Background: I have a buggy program that decompiles a specific set of files. The bugs are NOT related to the records it is decompiling, just some ancillary things. I am porting the program to AHK to clean up the bugs and add some features.
Issue: Each specific file that it decompiles refers to a mapping structure for each record within that file. Most of these are easy to determine.
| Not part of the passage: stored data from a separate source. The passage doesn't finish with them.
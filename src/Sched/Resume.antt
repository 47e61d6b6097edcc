-- ===== src/Sched/Resume.antt =====
-- `switch_to` of the scheduler, kern/sched-queue.c: going from the thread that runs to another.
use risc_v_workshop.Prelude.{
  ℕ, ◌≡◌, ◌≢◌, ◌⊎◌, sym, if◌then◌else◌, some, inl, inr, refl, ap, ◌∙◌, subst, Bool, Bool-cases,
  true, false, [], ◌∷◌, ◌++◌, ◌==◌, update, update_same, update_other, Ensures, Ensures-bind,
}
use risc_v_workshop.Sched.{
  Sched, ThrState, run, runable, dormant, wait, exit, dead, is_runable, is_run, modify, set_state,
  set_active, set_out, sched_thread_add, switch_to, resume,
}
use risc_v_workshop.Sched.Ready.{Ready}
use risc_v_workshop.Sched.Change.{Ready-modify, IsPlain, plain-Ready}
use risc_v_workshop.Sched.Add.{Linked, sched_thread_add-Linked}

-- A thread that was switched out before is marked as running; a new thread has the state it had.
abbrev pub Entered : ℕ → Sched → Sched → Type 0
Entered next s after =
    (((s.thread next).switched_out ≡ true) × (is_run (after.thread next).state ≡ true))
    ⊎ (((s.thread next).switched_out ≡ false) × ((after.thread next).state ≡ (s.thread next).state))

-- The processor has gone from `prev`, which was running, to `next`.
pub record Switched (prev next : ℕ) (s after : Sched) : Type 0 where
  pub ready : Ready after
  pub current : after.current ≡ next
  pub entered : Entered next s after
  pub free : (after.thread next).linked ≡ false
  pub back : after.que (s.thread prev).cur_prio ≡ s.que (s.thread prev).cur_prio ++ prev ∷ []
  pub others : (p : ℕ) → p ≢ (s.thread prev).cur_prio → after.que p ≡ s.que p

pub running_free :
    (t : ℕ) (s : Sched) → Ready s → is_run (s.thread t).state ≡ true → (s.thread t).linked ≡ false
running_free t s r h = elim (Bool-cases (s.thread t).linked) [
  | inl l ↦ absurd (both (s.thread t).state h (r.runable t l))
  | inr f ↦ f
]
  where
    both : (st : ThrState) → is_run st ≡ true → is_runable st ≡ true → ⊥
    both run a b = absurd (cc)
    both runable a b = absurd (cc)
    both dormant a b = absurd (cc)
    both wait a b = absurd (cc)
    both exit a b = absurd (cc)
    both dead a b = absurd (cc)

current-Ready : (s : Sched) (t : ℕ) → Ready s → Ready (record s { current = t })
current-Ready s t r = record {
  words = r.words;
  mapped = r.mapped;
  queued = r.queued;
  runable = r.runable;
  valid = r.valid;
}

pub active_IsPlain : (b : Bool) → IsPlain (set_active b)
active_IsPlain b = record {
  same_linked = λ t. refl;
  same_prio = λ t. refl;
  same_state = λ t. refl;
  same_out = λ t. refl;
}

cpu_IsPlain : (c : ℕ) → IsPlain (λ t. record t { cpu = c })
cpu_IsPlain c = record {
  same_linked = λ t. refl;
  same_prio = λ t. refl;
  same_state = λ t. refl;
  same_out = λ t. refl;
}

-- the state that `switch_to` leaves to the next thread
abbrev taken_up : ℕ → ℕ → Sched → Sched
taken_up prev next left = record (modify prev set_out left) { current = next }

taken_up-Ready : (prev next : ℕ) (left : Sched) → Ready left → Ready (taken_up prev next left)
taken_up-Ready prev next left r = current-Ready (modify prev set_out left) next (
    Ready-modify left prev set_out r
      (record { linked = refl; cur_prio = refl; runable = r.runable prev }))

taken_up_thread :
    (prev next : ℕ) (left : Sched)
    → prev ≢ next
    → (taken_up prev next left).thread next ≡ left.thread next
taken_up_thread prev next left d = update_other left.thread prev next _ d

resume-Ready :
    (cur : Sched) → Ready cur → (cur.thread cur.current).linked ≡ false → Ready (resume cur)
unfolding resume
resume-Ready cur r free = plain-Ready _ cur.current _ (active_IsPlain false) (
    Ready-modify located cur.current (set_state run)
      (plain-Ready cur cur.current _ (cpu_IsPlain cur.cpu) r)
      (record {
        linked = refl;
        cur_prio = refl;
        runable = λ l.
            let f : (located.thread cur.current).linked ≡ false =
              ap (λ th. th.linked) (update_same cur.thread cur.current _) ∙ free in
            absurd (cc);
      }))
  where
    located : Sched
    located = modify cur.current (λ t. record t { cpu = cur.cpu }) cur

resume_thread :
    (cur : Sched)
    → (resume cur).thread cur.current
      ≡ set_active false (set_state run (record (cur.thread cur.current) { cpu = cur.cpu }))
unfolding resume
resume_thread cur =
    let c = cur.current in
    let first = update_same cur.thread c (record (cur.thread c) { cpu = cur.cpu }) in
    let located = update cur.thread c (record (cur.thread c) { cpu = cur.cpu }) in
    let second = update_same located c (set_state run (located c)) in
    update_same (update located c (set_state run (located c))) c _
    ∙ ap (set_active false) (second ∙ ap (set_state run) first)

same_current : (cur : Sched) → (resume cur).current ≡ cur.current
unfolding resume
same_current cur = refl

either :
    (P : Sched → Type 0) (b : Bool) (x y : Sched)
    → (b ≡ true → P x)
    → (b ≡ false → P y)
    → Ensures P (if b then some x else some y)
either P true x y p q = p refl
either P false x y p q = q refl

same_que : (cur : Sched) (p : ℕ) → (resume cur).que p ≡ cur.que p
unfolding resume
same_que cur p = refl

pub switch_to-Switched :
    (next : ℕ) (s : Sched)
    → Ready s
    → is_run (s.thread s.current).state ≡ true
    → ((s.thread s.current).refs == 0) ≡ false
    → (s.thread next).linked ≡ false
    → s.current ≢ next
    → Ensures (Switched s.current next s) (switch_to next s)
unfolding switch_to
switch_to-Switched next s r running refs free d = rw running (
    Ensures-bind (Linked s.current stopped) _ (sched_thread_add s.current stopped) _
      (sched_thread_add-Linked s.current stopped
        (Ready-modify s s.current (set_state runable) r
          (record { linked = refl; cur_prio = refl; runable = λ l. refl }))
        (ap (λ th. th.refs == 0) same ∙ refs)
        (ap (λ th. th.linked) same ∙ running_free s.current s r running)
        (ap (λ th. is_runable th.state) same))
      (λ left l.
        let same_next =
          update_other s.thread s.current next (set_state runable (s.thread s.current)) d in
        let unlinked : (left.thread next).linked ≡ false =
          l.unmoved next d ∙ ap (λ th. th.linked) same_next ∙ free in
        let cur = taken_up s.current next left in
        let its = taken_up_thread s.current next left d in
        let cur_free : (cur.thread next).linked ≡ false = ap (λ th. th.linked) its ∙ unlinked in
        let back : left.que (s.thread s.current).cur_prio
            ≡ s.que (s.thread s.current).cur_prio ++ s.current ∷ [] =
          subst (λ q. left.que q ≡ s.que q ++ s.current ∷ []) prio l.last in
        let out = l.same_out next d ∙ ap (λ th. th.switched_out) same_next in
        either (Switched s.current next s) (left.thread next).switched_out (resume cur) cur
          (λ old. record {
            ready = resume-Ready cur (taken_up-Ready s.current next left l.ready) cur_free;
            current = same_current cur;
            entered = inl (sym out ∙ old, ap (λ th. is_run th.state) (resume_thread cur));
            free = ap (λ th. th.linked) (resume_thread cur) ∙ cur_free;
            back = same_que cur _ ∙ back;
            others = λ p n. same_que cur p ∙ l.others p (λ e. n (e ∙ prio));
          })
          (λ new. record {
            ready = taken_up-Ready s.current next left l.ready;
            current = refl;
            entered = inr (
              sym out ∙ new,
              ap (λ th. th.state) its ∙ l.same_state next d ∙ ap (λ th. th.state) same_next,
            );
            free = cur_free;
            back = back;
            others = λ p n. l.others p (λ e. n (e ∙ prio));
          })))
  where
    stopped : Sched
    stopped = modify s.current (set_state runable) s

    same : stopped.thread s.current ≡ set_state runable (s.thread s.current)
    same = update_same s.thread s.current _

    prio : (stopped.thread s.current).cur_prio ≡ (s.thread s.current).cur_prio
    prio = ap (λ th. th.cur_prio) same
I've encountered a bitfield expression in one of them and I'm a little confused on how to read it:
#if 1
unsigned char vCombinedBits1;
unsigned char vCombinedBits2;
#else
unsigned char iPadding1_1 : 3;
unsigned char vdirect : 1;
unsigned char vitemspecific : 1;
unsigned char vdamagerelated : 1;
unsigned char vSigned : 1;
unsigned char vSendmyspOther : 1;
unsigned char iPading1 : 1;
unsigned char iPading1_1 : 1;
unsigned char vCSvSigned : 1;
unsigned char vSaved : 1;
unsigned char vfCallback : 1;
unsigned char vfMin : 1;
unsigned char vUpdateAnimRate : 1;
unsigned char iPadding1_2 : 1;
#endif
I'm not a stranger to If/Else logic but I am
a stranger to Visual C++.
My assumed end result of this, based on this and that: Essentially, I'll just read both bytes without regard to the vCombinedBits1 value and map each bit to the variable I need.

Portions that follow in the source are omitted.